The engineers later realized that what he had discovered was a new way to manipulate the quantum states of individual quantum bits by using an electric field, rather than the magnetic field they had used before. Engineers have been refining the technique since its discovery in 2020; today, it has become another tool for realizing Diraq's ambition to build billions of quantum bits on a single chip.

The individual quantum bits held within the quantum dot flip in response to microwave signals.
Gilbert said, ""This is a new way to manipulate quantum bits and build them in a less bulky way. We don't need to build cobalt micromagnets or antennas next to the quantum bits to produce the control effect. It eliminates the requirement to place additional structures around each gate. Hence, more orderly.
Controlling individual electrons without disturbing other electrons in the vicinity is essential for quantum information processing in silicon. There are two established approaches: electron spin resonance (ESR) using on-chip microwave antennas; and electric dipole spin resonance (EDSR), which relies on an induced gradient magnetic field. The newly discovered technique is called "intrinsic spin-orbit EDSR.
"Normally, we design microwave antennas to provide pure magnetic fields," said Dr. Tanttu, "but this particular antenna design produced more electric fields than we wanted, which is fortunate because we discovered a new effect that can be used to manipulate quantum bits. ."

Pulsed electron spin-orbit spectroscopy (PESOS)

An aerial view of the Diraq lab in Sydney, Australia
Promising silicon quantum computing with a billion quantum bits
"This is a completely new mechanism that adds to the library of proprietary technologies we have developed over the past 20 years of research." Professor Andrew Dzurak, CEO and founder of Diraq and professor of quantum engineering at the University of New South Wales, who led the team that built the first quantum logic gate in silicon in 2015, said.
"It builds on our work to make quantum computing in silicon a reality, based on essentially the same semiconductor component technology as existing computer chips, rather than relying on exotic materials. Because it is based on the same CMOS technology as the computer industry today, our approach will make it easier and faster to scale to commercial production and achieve our goal of manufacturing billions of quantum bits on a single chip."
CMOS (complementary metal oxide semiconductor) is the core manufacturing process for modern computers. It is used to manufacture a variety of integrated circuit components: including microprocessors, microcontrollers, memory chips and other digital logic circuits, as well as analog circuits such as image sensors and data converters.
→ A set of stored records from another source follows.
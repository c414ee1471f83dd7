-- ===== src/Tests/Client.antt =====
-- The benchmark client: a frame in a receive buffer, and a command line.
use Prim.Native.String.{String}
use text.Mathlib.Text.{◌==◌ as str_eq}
use lloogg.Prelude.{
  List, ◌++◌, ◌∷◌, [], ℕ, true, ◌+◌, ◌%◌, ◌≤◌, ◌==◌, length, ℕ, ◌≡◌, refl, Option, none, some,
  if◌then◌else◌, ◌++◌, arith, replicate, slice,
}
use lloogg.Constants.{opcode_push}
use lloogg.Error.{ok}
use lloogg.Record.{of_bytes}
use lloogg.Connection.{Connection, validate_header, read_header}
use lloogg.Connection.Header.{IsBuffer}
use lloogg.Bench.{Cfg, build_push, parse_args}
use lloogg.Bench.Work.{Peer, Work, replied, lost, run_thread}
use lloogg.Bench.Count.{counted, run_thread-counted}
use lloogg.Bench.Answered.{Answers, run_thread-answered}
use lloogg.Bench.Percentile.{at_most, at_least, percentile, percentile_lem}
use lloogg.Bench.Frame.{probe, build_push_lem}
use lloogg.Bench.CommandLine.{
  Setting, threads, count, warmup, uid, pipeline, address, unknown, command_line,
  parse_args-command_line,
}

abbrev receiving : Connection
receiving = record {
  fd = 5;
  state = read_header;
  rbuf = build_push 7 ++ replicate 6 0;
  rbuf_pos = 26;
  wbuf = replicate 64 0;
  wbuf_len = 0;
  wbuf_pos = 0;
}

receiving-IsBuffer : IsBuffer 32 receiving.rbuf
unfolding build_push
receiving-IsBuffer = record { size_eq = refl; bytes = omega arith }

build_push_example :
    (validate_header receiving ≡ ok (opcode_push, 7, 17))
    × (of_bytes (slice receiving.rbuf 9 17) ≡ probe)
unfolding build_push
build_push_example = build_push_lem 7 receiving (omega arith) receiving-IsBuffer refl

abbrev load : Cfg
load = record {
  addr = "10.0.0.1:7379";
  threads = 8;
  count = 500;
  warmup = 8;
  uid = 500;
  pipeline = 8;
}

-- A parser that knows two numbers.
abbrev read_number : String → String → Option ℕ
read_number flag text =
    if str_eq text "8" then some 8 else if str_eq text "500" then some 500 else none

-- The address first, as in the usage, an option twice, and one that is unknown.
abbrev settings : List Setting
settings =
    address "10.0.0.1:7379"
    ∷ threads "8" 8
    ∷ warmup "500" 500
    ∷ unknown "--verbose"
    ∷ count "500" 500
    ∷ uid "500" 500
    ∷ pipeline "8" 8
    ∷ warmup "8" 8
    ∷ []

parse_args_example :
    (parse_args read_number (command_line settings) ≡ some load)
    × (parse_args read_number (command_line settings ++ "--threads" ∷ []) ≡ none)
    × (parse_args read_number (command_line settings ++ "--count" ∷ []) ≡ none)
    × (parse_args read_number (command_line settings ++ "--warmup" ∷ []) ≡ none)
    × (parse_args read_number (command_line settings ++ "--uid" ∷ []) ≡ none)
    × (parse_args read_number (command_line settings ++ "--pipeline" ∷ []) ≡ none)
parse_args_example = parse_args-command_line read_number settings (
  refl,
  (refl, (refl, ((refl, refl, refl, refl, refl, refl), (refl, (refl, (refl, (refl, tt))))))),
)

-- A server that answers at once.
abbrev quick : Peer
quick = record {
  write = λ i. true;
  read = λ i. replied;
  connect = λ i. true;
  elapsed = λ i. 80 + i;
}

quick-Answers : Answers quick
quick-Answers = record { connects = λ i. refl; takes = λ i. refl; answers = λ i. refl }

run_thread-answered_example :
    (w : Work) × (run_thread quick 3 10 4 ≡ some w) × (length w.latencies ≡ 10) × (w.errors ≡ 0)
run_thread-answered_example = run_thread-answered quick 3 10 4 quick-Answers

-- A server that closes the connection at every third request.
abbrev flaky : Peer
flaky = record quick { read = λ i. if i % 3 == 0 then lost else replied }

run_thread-counted_example : (w : Work) × (run_thread flaky 3 10 1 ≡ some w) × (counted w ≡ 10)
run_thread-counted_example = run_thread-counted flaky 3 10 1 (λ i. refl) (omega arith)

percentile_example :
    (v : ℕ) × (percentile 3 (10 ∷ 20 ∷ 20 ∷ 90 ∷ []) ≡ some v)
    × (3 ≤ at_most v (10 ∷ 20 ∷ 20 ∷ 90 ∷ []))
    × (5 ≤ at_least v (10 ∷ 20 ∷ 20 ∷ 90 ∷ []) + 3)
percentile_example =
    percentile_lem 3 (10 ∷ 20 ∷ 20 ∷ 90 ∷ []) (omega arith) (omega arith) (omega arith)
      (omega arith)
An illustration of a single quantum bit, where electrons begin to wiggle inside a quantum dot as it begins to accelerate in response to a microwave signal.
Building quantum computers has been called the "space race of the 21st century" - a difficult and ambitious challenge that has the potential to provide revolutionary tools for solving otherwise impossible computations, such as the design of complex drugs and advanced materials, or the rapid search of large numbers of unclassified databases.
"We often think of the moon landing as man's greatest technological miracle," Dzurak said, "but the fact that today's CMOS chips have billions of operating devices integrated into them is an astounding technological achievement that has revolutionized modern life. Quantum computing will be equally astounding."
Although this company is very ambitious, there is a problem, whether their method can control millions or billions of quantum bits, it is not experimentally verifiable at this stage, because humans cannot yet achieve so many quantum bits.